Velotio Technologies is a product engineering company working with innovative startups and enterprises. We are a certified Great Place to Work® and recognized as one of the best companies to work for in India. We have provided full-stack product development for 110+ startups across the globe building products in the cloud-native, data engineering, B2B SaaS, IoT & Machine Learning space. Our team of 220+ elite software engineers solves hard technical problems while transforming customer ideas into successful products.
As a Technical Lead - Data Engineer, you'll contribute to the design and development of Data Analytics platform using latest tools and cloud technologies for a variety of workloads including real time analytics and batch data. You will also lead a team of 2-10 engineers.
Roles & Responsibilities:
- Design and build scalable data infrastructure with efficiency, reliability, and consistency to meet rapidly growing data needs
- Build the applications required for optimal extraction, cleaning, transformation, and loading data from disparate data sources and formats using the latest big data technologies
- Building ETL/ELT pipelines and work with other data infrastructure components, like Data Lakes, Data Warehouses and BI/reporting/analytics tools
- Work with various cloud services like AWS, GCP, Azure to implement highly available, horizontally scalable data processing and storage systems and automate manual processes and workflows
- Implement processes and systems to monitor data quality, to ensure data is always accurate, reliable, and available for the stakeholders and other business processes that depend on it
- Work closely with different business units and engineering teams to develop a long-term data platform architecture strategy and thus foster data-driven decision-making practices across the organisation
- Help establish and maintain a high level of operational excellence in data engineering
- Evaluate, integrate, and build tools to accelerate Data Engineering, Data Science, Business Intelligence, Reporting, and Analytics as needed
- Focus on building test-driven development by writing unit/integration tests
- Contribute to design documents and engineering wiki
You will enjoy this role if you...
- Like building elegant well-architected software products with enterprise customers
- Want to learn to leverage public cloud services & cutting-edge big data technologies, like Spark, Airflow, Hadoop, Snowflake, and Redshift
- Work collaboratively as part of a close-knit team of geeks, architects, and leads
Desired Skills & Experience:
- 4+ years of data engineering or equivalent knowledge and ability
- 4+ years software engineering or equivalent knowledge and ability
- Strong proficiency in at least one of the following programming languages: Python, Scala, or Java
- Experience designing and maintaining at least one type of database (Object Store, Columnar, In-memory, Relational, Tabular, Key-Value Store, Triple-store, Tuple-store, Graph, and other related database types)

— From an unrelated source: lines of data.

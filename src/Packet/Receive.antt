-- ===== src/Packet/Receive.antt =====
-- What `receive_packet` accepts, and how it counts.
use nemo_core.Prelude.{
  ℕ, ◌+◌, ◌^◌, ◌≤◌, ◌<◌, ◌≡◌, ◌≢◌, ◌↔◌, ◌⊎◌, inl, inr, false, Option, none, some, if◌then◌else◌,
  arith, Option-cases, Bool-cases, ◌==◌, ltb, ◌||◌,
}
use nemo_core.Convert.{ByteOrder}
use nemo_core.Payload.{payload_magic, payload_version, payload_size}
use nemo_core.Channel.{Channel, bump}
use nemo_core.Packet.{Labels, Received, Incoming, decode_payload, retrieve_ttl, receive_packet}

-- A datagram that the receiver takes: long enough and whole, of the length that its payload says,
-- with the magic identifier and the version.
pub record IsGood (bo : ByteOrder) (got : Received) : Type 0 where
  pub length : got.len ≡ some (decode_payload bo got.buffer.base).pl_len
  pub enough : payload_size ≤ (decode_payload bo got.buffer.base).pl_len
  pub whole : got.trunc ≡ false
  pub magic : (decode_payload bo got.buffer.base).pl_mgic ≡ payload_magic
  pub version : (decode_payload bo got.buffer.base).pl_fver ≡ payload_version

module _ (bo : ByteOrder) (k : Labels) (ch : Channel) (got : Received) where
  -- The packet is accepted exactly when it is good, and then the caller gets the decoded payload,
  -- the sender's address, and the time-to-live of the control data, or 0 if that was cut.
  pub receive_packet_iff :
      (p : Incoming)
      → ((receive_packet bo k ch got).1 ≡ some p) ↔ (
          IsGood bo got
          × (p ≡ record {
            pl = decode_payload bo got.buffer.base;
            ttl = if got.ctrunc then 0 else retrieve_ttl k got.control;
            addr = got.from;
          }))
  unfolding receive_packet
  receive_packet_iff p = (λ h. ground arith, λ h. ground arith)

-- All errors of reception that a channel has counted.
abbrev pub errors : Channel → ℕ
errors ch = ch.ch_reni + ch.ch_resz + ch.ch_remg + ch.ch_repv

-- The error counters have room for one more.
pub record HasRoom (ch : Channel) : Type 0 where
  pub reni_lt : ch.ch_reni + 1 < 2 ^ 64
  pub resz_lt : ch.ch_resz + 1 < 2 ^ 64
  pub remg_lt : ch.ch_remg + 1 < 2 ^ 64
  pub repv_lt : ch.ch_repv + 1 < 2 ^ 64

module _ (bo : ByteOrder) (k : Labels) (ch : Channel) (got : Received) where
  abbrev after : Channel
  after = (receive_packet bo k ch got).0

  abbrev result : Option Incoming
  result = (receive_packet bo k ch got).1

  -- The datagram is whole and long enough, and differs in length from what its payload says.
  abbrev pub WrongLength : Type 0
  WrongLength =
      (len : ℕ) × (got.len ≡ some len)
      × (payload_size ≤ len)
      × (got.trunc ≡ false)
      × (len ≢ (decode_payload bo got.buffer.base).pl_len)

  -- Accepted with no error counted, refused with one counted, or refused with none counted, which
  -- only the wrong length is.
  abbrev pub Outcome : Type 0
  Outcome =
      ((result ≢ none) × (errors after ≡ errors ch))
      ⊎ (((result ≡ none) × (errors after ≡ errors ch + 1))
          ⊎ ((result ≡ none) × (errors after ≡ errors ch) × WrongLength))

  received-Outcome : HasRoom ch → (len : ℕ) → got.len ≡ some len → Outcome
  unfolding receive_packet
  received-Outcome room len e = elim (Bool-cases (ltb len payload_size || got.trunc)) [
    | inl short ↦ inr (inl (ground arith, ground arith))
    | inr full ↦ elim (Bool-cases (len == (decode_payload bo got.buffer.base).pl_len)) [
      | inl same ↦ ground arith
      | inr differs ↦
          inr (inr (ground arith, ground arith, (len, e, ground arith, ground arith, ground arith)))
    ]
  ]

  failed-Outcome : HasRoom ch → got.len ≡ none → Outcome
  unfolding receive_packet
  failed-Outcome room e = inr (inl (ground arith, ground arith))

  -- Each call counts one datagram. An accepted one counts no error. A refused one counts exactly
  -- one error, unless it arrived whole and long enough with a length other than its payload's,
  -- which is counted nowhere. The counters of the type and of sending, the socket and the port
  -- stay. The error counters must have room for one more.
  pub receive_packet_counts :
      HasRoom ch
      → Outcome
        × (after.ch_rall ≡ bump ch.ch_rall)
        × (after.ch_rety ≡ ch.ch_rety)
        × (after.ch_sall ≡ ch.ch_sall)
        × (after.ch_seni ≡ ch.ch_seni)
        × (after.ch_sock ≡ ch.ch_sock)
        × (after.ch_port ≡ ch.ch_port)
  unfolding receive_packet
  receive_packet_counts room = (
    elim (Option-cases got.len) [
      | inl e ↦ failed-Outcome room e
      | inr (len, e) ↦ received-Outcome room len e
    ],
    ground arith,
    ground arith,
    ground arith,
    ground arith,
    ground arith,
    ground arith,
  )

- Good understanding of star/snowflake schema designs
- Extensive experience working with big data technologies like Spark, Hadoop, Hive
- Experience building ETL/ELT pipelines and working on other data infrastructure components like BI/reporting/analytics tools
- Experience working with workflow orchestration tools like Apache Airflow, Oozie, Azkaban, NiFi, Airbyte, etc.
- Experience building production-grade data backup/restore strategies and disaster recovery solutions
- Hands-on experience with implementing batch and stream data processing applications using technologies like AWS DMS, Apache Flink, Apache Spark, AWS Kinesis, Kafka, etc.
- Knowledge of best practices in developing and deploying applications that are highly available and scalable
- Experience with or knowledge of Agile Software Development methodologies
- Excellent problem-solving and troubleshooting skills
- Process-oriented with excellent documentation skills
Bonus points if you:
- Have hands-on experience using one or multiple cloud service providers like AWS, GCP, Azure and have worked with specific products like EMR, Glue, DataProc, DataBricks, DataStudio, etc
- Have hands-on experience working with either Redshift, Snowflake, BigQuery, Azure Synapse, or Athena and understand the inner workings of these cloud storage systems
- Have experience building DataLakes, scalable data warehouses, and DataMarts
- Have familiarity with tools like Jupyter Notebooks, Pandas, NumPy, SciPy, sci-kit learn, Seaborn, SparkML, etc.
- Have experience building and deploying Machine Learning models to production at scale
- Possess excellent cross-functional collaboration and communication skills
- We have an autonomous and empowered work culture encouraging individuals to take ownership and grow quickly
- Flat hierarchy with fast decision making and a startup-oriented “get things done” culture
- A strong, fun & positive environment with regular celebrations of our success. We pride ourselves in creating an inclusive, diverse & authentic environment
Note: Currently, all interview and onboarding processes at Velotio will be carried out remotely through virtual meetings until further notice.